Understanding admixture and building an admixture mapping panel

    Studying admixture is important from a historical and anthropological perspective. Migration of individuals and populations (and subsequent mixing) has always played an important role in the evolutionary history of humans. Since the XVth century, these migrations have occurred at a more global scale. This is particularly the case for the Americas. Here, populations that were previously isolated for generations came into contact and many persons currently living in North, Central and South America can trace their ancestry to different continents. We can reconstruct and interpret this history of migrations and admixture using genetic markers. A very complete perspective can be obtained when analyzing autosomal markers, maternally transmitted mtDNA markers and Y-chromosome specific markers, which are transmitted from fathers to sons. In many cases, the maternal and paternal admixture histories are remarkably different, so including mtDNA and Y-chromosome markers can provide a much better picture than that offered by the autosomal markers. Thus, using genetic markers we can reconstruct history at the individual and population level, even in the absence of a historical record.
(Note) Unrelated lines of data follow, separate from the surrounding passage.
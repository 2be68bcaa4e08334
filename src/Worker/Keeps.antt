-- ===== src/Worker/Keeps.antt =====
-- What the handlers of a worker (src/openlinker/runtime/worker.py) keep, for any predicate on workers that
-- their smallest changes keep.
pub mod Taking
pub mod Sending
pub mod Resuming
pub mod Finishing
use openlinker_python.Prelude.{
  ℕ, ◌≡◌, refl, Bool, true, false, List, Text, Option, none, some, if◌then◌else◌, arith, inl, inr,
}
use openlinker_python.Dict.{Dict}
use openlinker_python.Platform.{Platform}
use openlinker_python.Errors.{Error, Result, ok, err}
use openlinker_python.Exec.{Exec, pure, raise, read, checked, continue}
use openlinker_python.Worker.Run.{◌>>=◌}
use openlinker_python.Store.State.{State}
use openlinker_python.Store.Records.{AssignmentRecord}
use openlinker_python.Store.Memory.{MemoryStore, memory_ready}
use openlinker_python.Store.Invariant.{IsConsistent}
use openlinker_python.Store.Preserves.Assignments.{
  advance_assignment-IsConsistent, delete_assignment-IsConsistent,
}
use openlinker_python.Store.Preserves.Results.{
  ack_result-IsConsistent, clear_terminal_events-IsConsistent, discard_terminal_spool-IsConsistent,
}
use openlinker_python.Store.Methods as store
use openlinker_python.Worker.Attempts.{
  Worker, on_store, change, add_terminal, cancel_active, set_lease, await, remove_active_attempt,
  start_confirmed_attempt,
}

-- A predicate that holds after each change that a handler makes, when it held before. A change of the
-- store keeps the store consistent.
pub record IsKept ⦃p : Platform⦄ (P : Worker → Type 0) : Type 0 where
  pub stored :
      (w : Worker) (s : MemoryStore)
      → (IsConsistent w.store → IsConsistent s)
      → P w
      → P (record w { store = s })
  pub permitted :
      (w : Worker) (d : Dict Text (Bool × Bool)) → P w → P (record w { spool_permissions = d })
  pub noted : (w : Worker) (ks : List (Text × Text)) → P w → P (record w { cancellations = ks })
  pub drained : (w : Worker) → P w → P (record w { draining = true })
  pub ended : (w : Worker) (a : Text) → P w → P (add_terminal a w)
  pub cancelled : (w : Worker) (a : Text) → P w → P (cancel_active a w)
  pub removed : (w : Worker) (a : Text) → P w → P (remove_active_attempt a w)
  pub leased : (w : Worker) (a : Text) (t : Option ℕ) → P w → P (set_lease a t w)
  pub started :
      (w : Worker) (r : AssignmentRecord) (t : Option ℕ) (now : ℕ)
      → P w
      → P (start_confirmed_attempt r t now w).1

-- A method keeps a predicate, whether it returns or raises.
unfoldable pub Keeps : {A : Type 0} → (Worker → Type 0) → Exec Worker A → Type 0
Keeps P m = (w : Worker) → P w → P (m w).1

module _ (P : Worker → Type 0) where
  pub kept : {A : Type 0} (m : Exec Worker A) → Keeps P m → (w : Worker) → P w → P (m w).1
  unfolding Keeps
  kept m h = h

  pub change-Keeps : (f : Worker → Worker) → ((w : Worker) → P w → P (f w)) → Keeps P (change f)
  unfolding Keeps
  change-Keeps f h w x = h w x

  pub pure-Keeps : {A : Type 0} (a : A) → Keeps P (pure a)
  unfolding Keeps
  pure-Keeps a w x = x

  pub raise-Keeps : (A : Type 0) (e : Error) → Keeps P (raise {A = A} e)
  unfolding Keeps
  raise-Keeps A e w x = x

  pub read-Keeps : {A : Type 0} (f : Worker → Result A) → Keeps P (read f)
  unfolding Keeps
  read-Keeps f w x = x

  pub await-Keeps :
      {A : Type 0} (f : Worker → Worker) (q : Result A)
      → ((w : Worker) → P w → P (f w))
      → Keeps P (await f q)
  unfolding Keeps
  await-Keeps f q h w x = h w x

  continue-Keeps :
      {A B : Type 0} (f : A → Exec Worker B)
      → ((a : A) → Keeps P (f a))
      → (q : Result A) → Keeps P (continue q f)
  unfolding Keeps
  continue-Keeps f hf (ok a) w x = hf a w x
  continue-Keeps f hf (err e) w x = x

  pub bind-Keeps :
      {A B : Type 0} (m : Exec Worker A) (f : A → Exec Worker B)
      → Keeps P m
      → ((a : A) → Keeps P (f a))
      → Keeps P (m >>= f)
  unfolding ◌>>=◌ Keeps
  bind-Keeps m f hm hf w x = continue-Keeps f hf (m w).0 (m w).1 (hm w x)

  pub if-Keeps :
      {A : Type 0} (b : Bool) (m n : Exec Worker A)
      → Keeps P m
      → Keeps P n
      → Keeps P (if b then m else n)
  if-Keeps true m n hm hn = hm
  if-Keeps false m n hm hn = hn

  pub checked-Keeps :
      {A : Type 0} (b : Bool) (e : Error) (m : Exec Worker A) → Keeps P m → Keeps P (checked b e m)
  checked-Keeps true e m hm = hm
  checked-Keeps false e m hm = raise-Keeps _ e

  pub option-Keeps :
      {A B : Type 0} (o : Option A) (m : Exec Worker B) (f : A → Exec Worker B)
      → Keeps P m
      → ((a : A) → Keeps P (f a))
      → Keeps P (elim o [ none ↦ m | some a ↦ f a ])
  option-Keeps none m f hm hf = hm
  option-Keeps (some a) m f hm hf = hf a

  pub result-Keeps :
      {A B : Type 0} (q : Result A) (m : Error → Exec Worker B) (f : A → Exec Worker B)
      → ((e : Error) → Keeps P (m e))
      → ((a : A) → Keeps P (f a))
      → Keeps P (elim q [ err e ↦ m e | ok a ↦ f a ])
  result-Keeps (ok a) m f hm hf = hf a
  result-Keeps (err e) m f hm hf = hm e

module _ ⦃p : Platform⦄ (P : Worker → Type 0) (k : IsKept P) where
  pub advance-Keeps :
      (m : Text) (q : State) (now : ℕ)
      → Keeps P (on_store (store.advance_assignment memory_ready m q now))
  unfolding Keeps
  advance-Keeps m q now w x =
      k.stored w _ (λ v. advance_assignment-IsConsistent memory_ready w.store v m q now) x

  pub delete-Keeps : (m : Text) → Keeps P (on_store (store.delete_assignment memory_ready m))
  unfolding Keeps
  delete-Keeps m w x = k.stored w _ (λ v. delete_assignment-IsConsistent memory_ready w.store v m) x

  pub ack_result-Keeps :
      (a id : Text) (now : ℕ) → Keeps P (on_store (store.ack_result memory_ready a id now))
  unfolding Keeps
  ack_result-Keeps a id now w x =
      k.stored w _ (λ v. ack_result-IsConsistent memory_ready w.store v a id now) x

  pub clear-Keeps : (a : Text) → Keeps P (on_store (store.clear_terminal_events memory_ready a))
  unfolding Keeps
  clear-Keeps a w x =
      k.stored w _ (λ v. clear_terminal_events-IsConsistent memory_ready w.store v a) x

  pub discard-Keeps : (a : Text) → Keeps P (on_store (store.discard_terminal_spool memory_ready a))
  unfolding Keeps
  discard-Keeps a w x =
      k.stored w _ (λ v. discard_terminal_spool-IsConsistent memory_ready w.store v a) x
    In addition to the role that these studies play in understanding human migrations, it is possible to exploit the recent history of admixture to map disease genes, using a method known as admixture mapping.  Admixture mapping is particularly useful to study diseases having large differences in prevalence between major population groups, such as Type 2 Diabetes or Hypertension, among others. One of the advantages of admixture mapping over alternative methods is that a substantially smaller panel of markers will be required. However, these markers have to be carefully selected. Ideally, the best markers are those showing high frequency differences between the major population groups that were involved in the admixture process. Due to the recent origin of our species, most of the genetic markers show low frequency differences between human populations. Only a small percentage of the markers are informative for admixture mapping.  In collaboration with Mark Shriver, from Penn State University, and Paul McKeigue, from the University of Edinburgh, among others, we have developed a genome-wide admixture mapping panel for Hispanic/Latino populations, including more than 2,000 informative markers.